As if the cigar were a wand, he gestured to the dismembered limbs framing the Crazy House doorway, and to the painting of a woman cut in half, her corpse flung on a flayed cow carcass. “I needed you to see these terrible images, Nathan—these images which were, by the way, created prior to the Short girl’s murder.” He tapped his temple with two fingers; his eyes bugged out. “They were in this mind. Nightmarish visions that I sought to exorcise in this harmless fashion.”

A few terrible moments dragged by, and then he rose, without looking at me, saying, “Let’s continue this in a more reflective setting.”

He almost bolted from the hideous, hellish self-created
surroundings, disappearing into the funhouse. I found him in the hall of mirrors, seated on a folding chair, staring blankly at perhaps eighty images of himself. Another folding chair, next to him, awaited me, and I took it.

“Could I have committed this act, Nathan?”

He was asking my reflections; I answered his.

“Orson, I don’t think so. Just because you’re a megalomaniac doesn’t make you a homicidal maniac.”

He continued to meet my gaze in the mirror; and almost the entire conversation that followed was delivered through the buffer of glass. The cigar had disappeared. As we spoke, it was as if I were speaking not to Welles, but his image, projected on a screen, dozens of screens.

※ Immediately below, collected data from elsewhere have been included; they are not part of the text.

-- ===== src/Kernel/Console/Print.antt =====
-- `vcprintf` of scheduler/kern/printf.c, on the console of scheduler/kern/console.c.
use features_operating_syste.Prelude.{
  ℕ, ◌+◌, ◌≡◌, ap, ◌∙◌, Option, some, List, [], ◌∷◌, length, arith,
}
use features_operating_syste.UserLib.Format.Numbers.{Argumento}
use features_operating_syste.UserLib.Format.Run.{vprintfmt}
use features_operating_syste.UserLib.Format.Any.{volcar, texto, vprintfmt-volcar}
use features_operating_syste.Kernel.Console.Ports.{Puertos, Equipo}
use features_operating_syste.Kernel.Console.Screen.{cons_putc, cputs}
use features_operating_syste.Kernel.Console.Roll.{Papel, Muestra, imprimir_todo}
use features_operating_syste.Kernel.Console.Paper.{cputs-Muestra}

module _ {D : Type 0} (p : Puertos D) where
  -- `putch`, with the count behind the pointer.
  abbrev pub contar_putch : ℕ → Equipo D × ℕ → Equipo D × ℕ
  contar_putch ch (e, cnt) = (cons_putc p ch e, cnt + 1)

  -- The console, and the count that is returned.
  unfoldable pub vcprintf : List ℕ → List Argumento → Equipo D → Option (Equipo D × ℕ)
  vcprintf fmt args e = vprintfmt contar_putch fmt args (e, 0)

  volcar-cputs :
      (l : List ℕ) (e : Equipo D) (n : ℕ)
      → volcar contar_putch l (e, n) ≡ (cputs p l e, n + length l)
  unfolding cputs
  volcar-cputs [] e n = ap (λ (k : ℕ). (e, k)) (omega arith)
  volcar-cputs (c ∷ l) e n =
      volcar-cputs l (cons_putc p c e) (n + 1)
      ∙ ap (λ (k : ℕ). (cputs p l (cons_putc p c e), k)) (omega arith)

  -- For a format and arguments that print a text, `vcprintf` returns the length of the text, and a screen
  -- that shows a roll of paper then shows the paper with the text printed on it.
  pub vcprintf-Muestra :
      (fmt : List ℕ) (args : List Argumento) (t : Papel) (e : Equipo D) {l : List ℕ}
      → texto fmt args ≡ some l
      → Muestra 2000 t e
      → (e' : Equipo D) × (vcprintf fmt args e ≡ some (e', length l))
        × Muestra 2000 (imprimir_todo l t) e'
  unfolding vcprintf
  vcprintf-Muestra fmt args t e {l} h v = (
    cputs p l e,
    vprintfmt-volcar contar_putch fmt args (e, 0) h
        ∙ ap some (volcar-cputs l e 0)
        ∙ ap (λ (k : ℕ). some (cputs p l e, k)) (omega arith),
    cputs-Muestra p l t e v,
  )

“These Bosch-like grotesqueries,” he said, “could they have been unfulfilled wishes? Worse, images I did fulfill on a black, forgotten night?”

“With
your
bad back?”

That halted the melodrama and made him laugh. “Yes, that did occur to me. I’ve been wearing that damn metal brace about half the time, lately—when I’m under stress, these genetic anomalies of the spine of mine, which my weight hardly helps, make me as helpless . . . and as harmless . . . as a kitten. But what if drugs and alcohol combined to blot out the pain? And to unleash some murderous rage in me, and then blot out the memory?”

I looked at him, not his reflection. “I don’t think you killed her. But you may be able to help me figure out who did, by answering a few questions.”

“By all means.”

“Was Beth Short a hooker, Orson?”

“Not to my knowledge.”

“When did you see her last?”

He stole a look at me, then spoke to my image. “At Brittingham’s—I hadn’t seen her since October. I bought her a sandwich and a Coke. It must have been . . . a week prior to the . . . grisly discovery.”

“You just ran into her . . . ?”

“I don’t think it was a coincidence—she was looking for me, hoping to see me—she admitted as much.”

“What did she want?”

“Money. She said she needed an operation.”

“An abortion?”

“That would be a reasonable assumption, considering she mentioned she was going to see a certain Dr. Dailey.”

The back of my neck was prickling. “Why? Who is he?”

“Wallace A. Dailey—a former L.A. County Hospital chief of staff, a retired, respectable physician . . . and, I’m told, Hollywoodland’s current abortionist of choice.”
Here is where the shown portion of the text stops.